The study presents the results of an integrated assessment of carbon capture and storage (CCS) in the power plant sector in Germany, with special emphasis on the competition with renewable energy technologies. Assessment dimensions comprise technical, economic and environmental aspects, long-term scenario analysis, the role of stakeholders and public acceptance and regulatory issues. The results lead to the overall conclusion that there might not necessarily be a need to focus additionally on CCS in the power plant sector. Even in case of ambitious climate protection targets, current energy policy priorities (expansion of renewable energies and combined heat and power plants as well as enhanced energy productivity) result in a limited demand for CCS. In case that the large energy saving potential aimed for can only partly be implemented, the rising gap in CO2 reduction could only be closed by setting up a CCS-maximum strategy. In this case, up to 22% (41 GW) of the totally installed load in 2050 could be based on CCS. Assuming a more realistic scenario variant applying CCS to only 20 GW or lower would not be sufficient to reach the envisaged climate targets in the electricity sector.

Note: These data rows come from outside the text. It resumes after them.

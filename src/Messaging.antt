-- ===== src/Messaging.antt =====
-- messaging.go: the spans of published and consumed messages.
pub mod Clear
pub mod Body
mod Tests
use go_collector.Base.{
  ℕ, Bool, true, false, not, ◌&&◌, ◌||◌, List, [], ◌∷◌, ◌++◌, ◌-◌, Option, none, some, length, all,
  take, leb, ltb, ◌==◌, within, if◌then◌else◌,
}
use go_collector.Base.Bytes.{Bytes, codes, is_empty, bytes_eq}
use go_collector.Base.Int.{ℤ, pos, negsuc, ltb_ℤ, leb_ℤ, pos_part}
use go_collector.Config.{Config}
use go_collector.Resource.{Build}
use go_collector.Sql.Params.{format_int}
use go_collector.Text.Base64.{base64_encode}
use go_collector.Text.Utf8.{utf8_valid}
use go_collector.Tracing.{
  Client, Context, Drawn, Span, Effect, start_span, set_attribute, set_status, end,
}

abbrev pub operation_publish : Bytes
operation_publish = codes "publish"

abbrev pub operation_process : Bytes
operation_process = codes "process"

pub record MessagingSpan : Type 0 where
  pub system : Bytes
  pub operation : Bytes
  pub destination : Bytes
  pub server : Bytes
  pub partition : ℤ
  pub offset : ℤ
  pub body_size : ℤ
  pub body : Bytes
  pub message_id : Bytes
  pub consumer_group : Bytes

abbrev upper_byte : ℕ → ℕ
upper_byte c = if within b'a' b'z' c then c - 32 else c

unfoldable pub upper_ascii : Bytes → Bytes
upper_ascii [] = []
upper_ascii (c ∷ s) = upper_byte c ∷ upper_ascii s

unfoldable pub span_name : MessagingSpan → Bytes
span_name m =
    let name = upper_ascii (if is_empty m.operation then operation_publish else m.operation) in
    if is_empty m.destination then name else name ++ (b' ' ∷ m.destination)

unfoldable pub span_kind_for : Bytes → Bytes
span_kind_for operation =
    if bytes_eq operation operation_publish then codes "producer" else codes "consumer"

abbrev pub attr_int : ℤ → Bytes
attr_int = format_int

-- A field that is written always, one that is written unless it is empty, and one that is written
-- unless it is negative.
pub data Field : Type 0 where
  fixed text : Bytes → Bytes → Field
  known : Bytes → ℤ → Field

abbrev pub set_field : Field → Span → Span
set_field (fixed key value) s = set_attribute key value s
set_field (text key value) s = if is_empty value then s else set_attribute key value s
set_field (known key n) s = if leb_ℤ (pos 0) n then set_attribute key (attr_int n) s else s

unfoldable pub set_fields : List Field → Span → Span
set_fields [] s = s
set_fields (f ∷ fs) s = set_fields fs (set_field f s)

abbrev pub size_of : MessagingSpan → ℤ
size_of m =
    if leb_ℤ m.body_size (pos 0) && ltb 0 (length m.body) then pos (length m.body) else m.body_size

unfoldable pub capture_messaging_bodies : Option Client → Bool
capture_messaging_bodies none = false
capture_messaging_bodies (some c) =
    c.cfg.enabled && (c.cfg.apm_enabled && c.cfg.messaging_capture_bodies)

abbrev text_byte : ℕ → Bool
text_byte b = leb 0x20 b || (b == b'\t' || (b == b'\n' || b == b'\r'))

unfoldable pub messaging_text : Bytes → Bool
messaging_text bytes = utf8_valid bytes && all text_byte bytes

abbrev pub body_key : Bytes
body_key = codes "messaging.message.body"

abbrev pub encoding_key : Bytes
encoding_key = codes "messaging.message.body.encoding"

abbrev pub truncated_key : Bytes
truncated_key = codes "messaging.message.body.truncated"

abbrev pub too_long : Config → Bytes → Bool
too_long cfg body =
    ltb_ℤ (pos 0) cfg.messaging_max_body && ltb (pos_part cfg.messaging_max_body) (length body)

abbrev pub captured : Config → Bytes → Bytes
captured cfg body = if too_long cfg body then take (pos_part cfg.messaging_max_body) body else body

abbrev pub set_body : Bytes → Span → Span
set_body raw s =
    if messaging_text raw
    then set_attribute body_key raw s
    else set_attribute encoding_key (codes "base64") (set_attribute body_key (base64_encode raw) s)

abbrev pub set_truncated : Bool → Span → Span
set_truncated truncated s = if truncated then set_attribute truncated_key (codes "true") s else s

unfoldable pub apply_messaging_body : Option Client → Bytes → Span → Span
apply_messaging_body none body s = s
apply_messaging_body (some c) body s =
    if not (capture_messaging_bodies (some c)) || is_empty body
    then s
    else set_truncated (too_long c.cfg body) (set_body (captured c.cfg body) s)

abbrev pub fields_of : MessagingSpan → List Field
fields_of m =
    fixed (codes "span.kind") (span_kind_for m.operation)
    ∷ text (codes "messaging.system") m.system
    ∷ text (codes "messaging.operation") m.operation
    ∷ text (codes "messaging.destination.name") m.destination
    ∷ text (codes "server.address") m.server
    ∷ text (codes "messaging.consumer.group.name") m.consumer_group
    ∷ text (codes "messaging.message.id") m.message_id
    ∷ known (codes "messaging.kafka.partition") m.partition
    ∷ known (codes "messaging.kafka.offset") m.offset
    ∷ known (codes "messaging.message.body.size") (size_of m)
    ∷ []

-- The span is the one in the context, which keeps the copy from its start: what is read through a
-- context are its ids and its companion headers, and they stay as they are.
unfoldable pub start_messaging_span :
    Option Client → Context → MessagingSpan → Drawn → Context × Span
start_messaging_span c ctx m drawn =
    let (ctx', span) = start_span c ctx (span_name m) drawn in
    (ctx', apply_messaging_body c m.body (set_fields (fields_of m) span))

-- What a function of the application does: it returns an error's text or none, or it panics.
pub data Outcome : Type 0 where
  returns : Option Bytes → Outcome
  panics : Bytes → Outcome

abbrev pub mark_error : Bytes → Span → Span
mark_error message s = set_attribute (codes "error.message") message (set_status (codes "error") s)

abbrev pub mark_outcome : Outcome → Span → Span
mark_outcome (returns (some message)) s = mark_error message s
mark_outcome (returns none) s = s
mark_outcome (panics _) s = s

-- The deferred End runs on a panic too, and the outcome of `fn` is handed on as it is.
module _ (sha256 : Bytes → Bytes) (build : Build) where
  unfoldable pub record_messaging :
      Option Client
      → Context
      → MessagingSpan
      → Drawn
      → Bytes
      → Bytes
      → (Context → Outcome)
      → Outcome × (Effect × Span)
  record_messaging c ctx m drawn now seed fn =
      let (ctx', span) = start_messaging_span c ctx m drawn in
      let outcome = fn ctx' in (outcome, end sha256 build now seed (mark_outcome outcome span))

Furthermore, the growing public opposition against CO2 storage projects appears as a key barrier, supplemented by major uncertainties concerning the estimation of storage potentials, the long-term cost development as well as the environmental burdens which abound when applying a life-cycle approach. However, recently, alternative applications are being increasingly considered–that is the capture of CO2 at industrial point sources and biomass based energy production (electricity, heat and fuels) where assessment studies for exploring the potentials, limits and requirements for commercial use are missing so far. Globally, CCS at power plants might be an important climate protection technology: coal-consuming countries such as China and India are increasingly moving centre stage into the debate. Here, similar investigations on the development and the integration of both, CCS and renewable energies, into the individual energy system structures of such countries would be reasonable.